── Data for analysis

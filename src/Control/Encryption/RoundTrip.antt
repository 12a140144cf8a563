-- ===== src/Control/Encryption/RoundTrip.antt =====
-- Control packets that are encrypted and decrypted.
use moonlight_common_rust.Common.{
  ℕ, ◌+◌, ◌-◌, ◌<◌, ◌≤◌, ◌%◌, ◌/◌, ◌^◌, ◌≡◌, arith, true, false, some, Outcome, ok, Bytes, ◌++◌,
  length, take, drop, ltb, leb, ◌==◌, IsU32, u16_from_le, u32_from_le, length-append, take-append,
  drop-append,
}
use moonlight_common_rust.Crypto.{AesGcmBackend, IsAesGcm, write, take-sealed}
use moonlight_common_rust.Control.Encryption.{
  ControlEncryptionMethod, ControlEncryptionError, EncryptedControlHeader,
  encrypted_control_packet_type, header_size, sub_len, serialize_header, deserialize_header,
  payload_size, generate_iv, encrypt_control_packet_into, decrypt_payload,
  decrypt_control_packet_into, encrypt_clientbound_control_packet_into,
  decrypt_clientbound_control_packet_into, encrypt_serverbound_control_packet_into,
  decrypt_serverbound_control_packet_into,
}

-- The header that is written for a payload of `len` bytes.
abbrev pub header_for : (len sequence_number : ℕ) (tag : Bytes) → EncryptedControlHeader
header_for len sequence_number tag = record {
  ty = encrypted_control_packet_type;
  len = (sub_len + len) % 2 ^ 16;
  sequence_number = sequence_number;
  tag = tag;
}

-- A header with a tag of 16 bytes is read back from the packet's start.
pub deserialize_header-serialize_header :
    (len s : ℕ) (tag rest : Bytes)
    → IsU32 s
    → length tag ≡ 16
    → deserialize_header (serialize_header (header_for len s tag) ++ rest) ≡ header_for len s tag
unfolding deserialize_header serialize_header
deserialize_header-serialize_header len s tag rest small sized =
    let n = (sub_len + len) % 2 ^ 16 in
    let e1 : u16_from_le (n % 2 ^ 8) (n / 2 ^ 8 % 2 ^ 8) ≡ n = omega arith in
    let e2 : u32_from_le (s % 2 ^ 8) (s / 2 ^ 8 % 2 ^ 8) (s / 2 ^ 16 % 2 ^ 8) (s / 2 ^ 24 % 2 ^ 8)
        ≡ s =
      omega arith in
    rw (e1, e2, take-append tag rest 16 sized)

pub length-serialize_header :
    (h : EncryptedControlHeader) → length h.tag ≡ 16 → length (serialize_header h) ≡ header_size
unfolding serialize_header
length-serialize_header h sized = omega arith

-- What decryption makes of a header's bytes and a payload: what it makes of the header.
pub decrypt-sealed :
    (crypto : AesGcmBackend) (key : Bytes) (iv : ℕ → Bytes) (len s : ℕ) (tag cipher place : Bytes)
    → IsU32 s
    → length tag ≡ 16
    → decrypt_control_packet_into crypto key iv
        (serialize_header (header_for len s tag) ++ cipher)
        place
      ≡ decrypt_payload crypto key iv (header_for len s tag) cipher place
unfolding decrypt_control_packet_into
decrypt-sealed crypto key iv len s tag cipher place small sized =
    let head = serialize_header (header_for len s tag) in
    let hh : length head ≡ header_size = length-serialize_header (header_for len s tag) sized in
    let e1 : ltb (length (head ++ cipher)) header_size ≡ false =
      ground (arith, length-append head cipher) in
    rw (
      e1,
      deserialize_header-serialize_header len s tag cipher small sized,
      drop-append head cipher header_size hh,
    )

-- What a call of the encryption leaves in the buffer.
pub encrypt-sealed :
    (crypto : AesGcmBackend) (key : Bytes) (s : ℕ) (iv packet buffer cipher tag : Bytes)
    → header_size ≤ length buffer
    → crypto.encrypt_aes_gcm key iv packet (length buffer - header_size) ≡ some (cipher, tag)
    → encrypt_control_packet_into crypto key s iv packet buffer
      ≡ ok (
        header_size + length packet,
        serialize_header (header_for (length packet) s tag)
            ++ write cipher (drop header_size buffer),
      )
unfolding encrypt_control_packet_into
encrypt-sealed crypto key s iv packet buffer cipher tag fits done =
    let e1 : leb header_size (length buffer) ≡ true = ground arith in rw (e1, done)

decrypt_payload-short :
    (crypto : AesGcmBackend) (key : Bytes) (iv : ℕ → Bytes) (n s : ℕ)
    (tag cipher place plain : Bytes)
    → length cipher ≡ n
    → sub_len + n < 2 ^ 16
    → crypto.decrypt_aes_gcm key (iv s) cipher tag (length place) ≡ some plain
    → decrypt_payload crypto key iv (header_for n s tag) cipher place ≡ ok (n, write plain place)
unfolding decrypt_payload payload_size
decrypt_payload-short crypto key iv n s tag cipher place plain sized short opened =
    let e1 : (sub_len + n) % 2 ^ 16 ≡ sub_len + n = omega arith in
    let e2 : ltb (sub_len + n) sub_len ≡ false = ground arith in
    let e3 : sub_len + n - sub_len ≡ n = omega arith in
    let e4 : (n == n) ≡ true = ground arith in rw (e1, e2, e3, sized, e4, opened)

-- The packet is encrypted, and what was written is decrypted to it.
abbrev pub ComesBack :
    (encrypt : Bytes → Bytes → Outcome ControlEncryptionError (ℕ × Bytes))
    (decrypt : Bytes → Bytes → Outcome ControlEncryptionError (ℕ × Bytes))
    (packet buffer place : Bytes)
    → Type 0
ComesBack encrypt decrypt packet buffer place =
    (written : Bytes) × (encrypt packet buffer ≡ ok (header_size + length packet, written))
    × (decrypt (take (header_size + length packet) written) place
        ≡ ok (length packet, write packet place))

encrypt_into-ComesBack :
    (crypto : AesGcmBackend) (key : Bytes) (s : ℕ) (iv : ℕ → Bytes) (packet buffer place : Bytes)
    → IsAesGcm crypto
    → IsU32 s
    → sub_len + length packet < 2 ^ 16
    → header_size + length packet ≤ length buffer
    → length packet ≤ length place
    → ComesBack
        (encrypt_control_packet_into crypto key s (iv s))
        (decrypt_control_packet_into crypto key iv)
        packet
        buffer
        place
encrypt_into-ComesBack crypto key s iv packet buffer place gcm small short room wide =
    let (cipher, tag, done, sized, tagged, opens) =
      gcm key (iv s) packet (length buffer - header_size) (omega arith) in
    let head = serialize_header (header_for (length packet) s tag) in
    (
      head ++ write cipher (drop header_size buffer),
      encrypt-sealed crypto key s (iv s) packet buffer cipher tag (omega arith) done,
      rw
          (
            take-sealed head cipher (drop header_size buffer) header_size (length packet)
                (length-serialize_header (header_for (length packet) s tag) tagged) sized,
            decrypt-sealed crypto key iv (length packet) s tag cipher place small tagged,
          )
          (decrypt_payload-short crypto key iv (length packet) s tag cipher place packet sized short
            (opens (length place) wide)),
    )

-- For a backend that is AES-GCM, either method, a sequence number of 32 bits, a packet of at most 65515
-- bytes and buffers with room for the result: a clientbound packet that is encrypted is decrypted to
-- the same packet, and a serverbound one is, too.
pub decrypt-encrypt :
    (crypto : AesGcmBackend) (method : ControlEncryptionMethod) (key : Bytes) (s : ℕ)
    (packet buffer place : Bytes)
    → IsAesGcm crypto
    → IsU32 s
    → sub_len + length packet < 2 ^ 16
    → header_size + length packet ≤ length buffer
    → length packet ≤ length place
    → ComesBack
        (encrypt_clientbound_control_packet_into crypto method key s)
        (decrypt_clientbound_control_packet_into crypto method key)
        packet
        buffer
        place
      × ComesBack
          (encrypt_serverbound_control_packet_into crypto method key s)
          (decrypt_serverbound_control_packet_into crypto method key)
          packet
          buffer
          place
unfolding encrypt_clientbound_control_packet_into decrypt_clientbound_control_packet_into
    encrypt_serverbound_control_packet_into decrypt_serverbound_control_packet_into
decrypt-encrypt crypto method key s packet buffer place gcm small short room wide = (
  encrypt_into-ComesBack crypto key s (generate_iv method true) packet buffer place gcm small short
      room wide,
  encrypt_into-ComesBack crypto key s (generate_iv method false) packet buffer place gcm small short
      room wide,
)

────
── Data for analysis

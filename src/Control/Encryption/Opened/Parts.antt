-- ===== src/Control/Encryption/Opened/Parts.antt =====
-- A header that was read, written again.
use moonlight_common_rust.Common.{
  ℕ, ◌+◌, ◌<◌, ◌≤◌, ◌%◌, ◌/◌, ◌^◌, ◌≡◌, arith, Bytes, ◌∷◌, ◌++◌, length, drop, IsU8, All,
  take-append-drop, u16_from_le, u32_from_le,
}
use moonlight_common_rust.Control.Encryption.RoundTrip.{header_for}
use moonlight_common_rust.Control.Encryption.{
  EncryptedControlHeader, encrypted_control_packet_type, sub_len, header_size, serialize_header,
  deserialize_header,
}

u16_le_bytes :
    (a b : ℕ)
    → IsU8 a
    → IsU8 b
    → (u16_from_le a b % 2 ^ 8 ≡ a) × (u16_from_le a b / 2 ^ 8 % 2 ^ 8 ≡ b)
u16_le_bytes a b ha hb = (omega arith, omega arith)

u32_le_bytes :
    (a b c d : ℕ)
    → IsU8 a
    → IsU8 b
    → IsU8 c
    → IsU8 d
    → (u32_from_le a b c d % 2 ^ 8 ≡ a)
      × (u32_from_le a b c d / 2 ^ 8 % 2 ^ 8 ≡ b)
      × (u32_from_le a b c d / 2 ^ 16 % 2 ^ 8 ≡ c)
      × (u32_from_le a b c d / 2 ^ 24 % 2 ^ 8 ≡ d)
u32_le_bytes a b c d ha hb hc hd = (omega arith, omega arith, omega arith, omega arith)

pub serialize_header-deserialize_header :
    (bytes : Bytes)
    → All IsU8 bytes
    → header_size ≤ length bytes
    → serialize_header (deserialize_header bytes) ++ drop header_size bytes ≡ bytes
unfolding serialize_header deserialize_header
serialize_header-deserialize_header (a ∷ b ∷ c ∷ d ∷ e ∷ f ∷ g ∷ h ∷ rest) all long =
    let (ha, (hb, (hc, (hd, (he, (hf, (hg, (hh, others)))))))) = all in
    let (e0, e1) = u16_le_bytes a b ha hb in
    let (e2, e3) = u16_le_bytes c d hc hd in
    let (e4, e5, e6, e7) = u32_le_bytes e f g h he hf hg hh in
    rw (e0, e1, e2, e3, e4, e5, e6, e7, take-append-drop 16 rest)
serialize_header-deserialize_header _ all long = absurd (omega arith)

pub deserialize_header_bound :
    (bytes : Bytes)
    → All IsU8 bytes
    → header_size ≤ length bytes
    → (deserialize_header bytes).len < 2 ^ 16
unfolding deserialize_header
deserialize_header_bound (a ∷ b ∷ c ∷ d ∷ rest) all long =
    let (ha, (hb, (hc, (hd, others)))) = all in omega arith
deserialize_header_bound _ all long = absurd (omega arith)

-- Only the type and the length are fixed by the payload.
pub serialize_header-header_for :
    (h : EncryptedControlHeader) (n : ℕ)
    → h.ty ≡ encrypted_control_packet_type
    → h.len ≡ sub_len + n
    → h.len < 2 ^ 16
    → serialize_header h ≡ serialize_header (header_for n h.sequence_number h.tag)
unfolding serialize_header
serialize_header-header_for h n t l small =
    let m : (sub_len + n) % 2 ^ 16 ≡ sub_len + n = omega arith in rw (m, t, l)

────
── Data for analysis

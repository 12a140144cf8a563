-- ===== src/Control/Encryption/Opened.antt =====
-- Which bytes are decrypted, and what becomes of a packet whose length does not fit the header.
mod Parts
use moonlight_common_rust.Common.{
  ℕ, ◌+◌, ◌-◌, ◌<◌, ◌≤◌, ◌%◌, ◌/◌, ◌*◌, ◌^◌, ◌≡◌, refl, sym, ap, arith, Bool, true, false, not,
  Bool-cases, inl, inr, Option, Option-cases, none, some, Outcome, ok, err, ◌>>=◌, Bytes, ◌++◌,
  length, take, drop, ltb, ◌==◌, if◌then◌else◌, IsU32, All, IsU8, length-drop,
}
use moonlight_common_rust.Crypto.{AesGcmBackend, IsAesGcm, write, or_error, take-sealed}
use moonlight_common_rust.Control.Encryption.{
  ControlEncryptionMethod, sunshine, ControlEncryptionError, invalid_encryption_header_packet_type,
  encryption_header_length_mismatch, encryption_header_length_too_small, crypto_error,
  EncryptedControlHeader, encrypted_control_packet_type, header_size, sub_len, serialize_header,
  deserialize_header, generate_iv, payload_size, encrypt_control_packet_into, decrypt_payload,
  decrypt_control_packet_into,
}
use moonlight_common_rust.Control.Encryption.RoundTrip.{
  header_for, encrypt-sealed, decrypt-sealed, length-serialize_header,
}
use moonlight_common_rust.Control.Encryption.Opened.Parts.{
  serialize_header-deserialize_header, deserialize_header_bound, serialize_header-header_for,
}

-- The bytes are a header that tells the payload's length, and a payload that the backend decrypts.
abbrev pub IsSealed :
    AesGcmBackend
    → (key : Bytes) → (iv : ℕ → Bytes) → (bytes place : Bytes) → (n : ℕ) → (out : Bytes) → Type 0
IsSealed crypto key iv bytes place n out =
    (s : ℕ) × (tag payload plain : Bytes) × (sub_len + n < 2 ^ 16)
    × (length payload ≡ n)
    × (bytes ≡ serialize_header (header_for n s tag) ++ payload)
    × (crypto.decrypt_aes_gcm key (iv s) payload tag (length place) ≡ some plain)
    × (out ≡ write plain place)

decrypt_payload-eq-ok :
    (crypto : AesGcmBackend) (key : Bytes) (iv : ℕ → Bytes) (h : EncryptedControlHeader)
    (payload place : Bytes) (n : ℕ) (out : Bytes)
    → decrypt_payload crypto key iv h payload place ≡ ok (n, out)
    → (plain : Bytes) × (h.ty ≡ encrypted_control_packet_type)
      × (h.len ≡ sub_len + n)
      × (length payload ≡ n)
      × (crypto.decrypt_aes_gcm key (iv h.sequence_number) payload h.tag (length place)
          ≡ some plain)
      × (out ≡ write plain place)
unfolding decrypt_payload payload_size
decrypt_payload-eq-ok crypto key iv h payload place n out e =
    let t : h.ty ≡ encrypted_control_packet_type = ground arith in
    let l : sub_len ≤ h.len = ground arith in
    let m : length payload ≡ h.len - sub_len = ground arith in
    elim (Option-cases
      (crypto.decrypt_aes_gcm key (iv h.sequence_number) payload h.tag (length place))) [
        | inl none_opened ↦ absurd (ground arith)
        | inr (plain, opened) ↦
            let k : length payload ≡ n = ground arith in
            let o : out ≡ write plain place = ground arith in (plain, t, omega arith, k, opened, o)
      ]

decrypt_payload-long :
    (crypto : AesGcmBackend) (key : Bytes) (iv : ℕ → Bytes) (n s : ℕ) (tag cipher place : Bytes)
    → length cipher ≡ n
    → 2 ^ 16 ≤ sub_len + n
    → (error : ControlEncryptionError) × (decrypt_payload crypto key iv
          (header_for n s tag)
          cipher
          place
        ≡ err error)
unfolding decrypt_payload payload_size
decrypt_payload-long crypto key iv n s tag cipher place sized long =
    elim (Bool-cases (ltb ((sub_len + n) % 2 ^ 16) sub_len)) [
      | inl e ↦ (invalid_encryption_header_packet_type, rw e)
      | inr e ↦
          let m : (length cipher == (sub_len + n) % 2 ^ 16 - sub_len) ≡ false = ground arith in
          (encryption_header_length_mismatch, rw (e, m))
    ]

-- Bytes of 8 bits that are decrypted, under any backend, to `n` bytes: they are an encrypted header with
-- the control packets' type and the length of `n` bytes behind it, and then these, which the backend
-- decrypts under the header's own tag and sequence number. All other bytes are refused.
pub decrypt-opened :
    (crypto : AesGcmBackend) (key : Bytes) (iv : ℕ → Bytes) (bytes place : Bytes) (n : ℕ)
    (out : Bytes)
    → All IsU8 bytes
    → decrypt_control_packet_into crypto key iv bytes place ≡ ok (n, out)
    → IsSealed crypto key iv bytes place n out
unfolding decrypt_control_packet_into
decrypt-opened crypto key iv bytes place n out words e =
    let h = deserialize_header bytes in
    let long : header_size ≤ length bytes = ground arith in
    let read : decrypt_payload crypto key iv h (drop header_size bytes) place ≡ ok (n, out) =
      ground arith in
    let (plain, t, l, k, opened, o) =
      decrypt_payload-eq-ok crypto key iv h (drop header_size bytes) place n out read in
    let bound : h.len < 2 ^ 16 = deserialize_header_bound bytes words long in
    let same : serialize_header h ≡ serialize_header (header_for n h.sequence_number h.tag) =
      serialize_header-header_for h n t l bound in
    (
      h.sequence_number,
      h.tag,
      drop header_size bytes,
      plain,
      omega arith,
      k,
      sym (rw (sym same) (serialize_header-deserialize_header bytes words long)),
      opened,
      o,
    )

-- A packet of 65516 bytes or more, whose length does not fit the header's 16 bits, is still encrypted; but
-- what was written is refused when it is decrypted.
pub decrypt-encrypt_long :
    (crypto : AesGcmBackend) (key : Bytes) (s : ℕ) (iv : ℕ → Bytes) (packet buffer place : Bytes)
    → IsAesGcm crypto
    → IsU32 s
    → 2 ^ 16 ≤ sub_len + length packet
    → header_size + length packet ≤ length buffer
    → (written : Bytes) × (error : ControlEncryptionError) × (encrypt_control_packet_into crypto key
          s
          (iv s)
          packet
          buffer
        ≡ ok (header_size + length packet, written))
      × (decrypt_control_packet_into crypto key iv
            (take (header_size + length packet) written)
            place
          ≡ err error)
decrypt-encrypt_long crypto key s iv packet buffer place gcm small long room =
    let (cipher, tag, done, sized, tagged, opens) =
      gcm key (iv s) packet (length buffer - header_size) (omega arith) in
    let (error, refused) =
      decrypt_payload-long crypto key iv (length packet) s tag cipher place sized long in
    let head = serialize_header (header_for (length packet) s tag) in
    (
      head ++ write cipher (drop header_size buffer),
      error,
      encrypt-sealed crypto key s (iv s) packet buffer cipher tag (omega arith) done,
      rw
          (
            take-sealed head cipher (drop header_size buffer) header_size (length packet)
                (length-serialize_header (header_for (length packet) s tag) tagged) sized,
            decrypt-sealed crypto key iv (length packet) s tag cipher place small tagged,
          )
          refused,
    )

────

Assignment ▸ The answer must consist of every line from the records above that holds "elim".

Result of this exercise ▸
    elim (Option-cases
    elim (Bool-cases (ltb ((sub_len + n) % 2 ^ 16) sub_len)) [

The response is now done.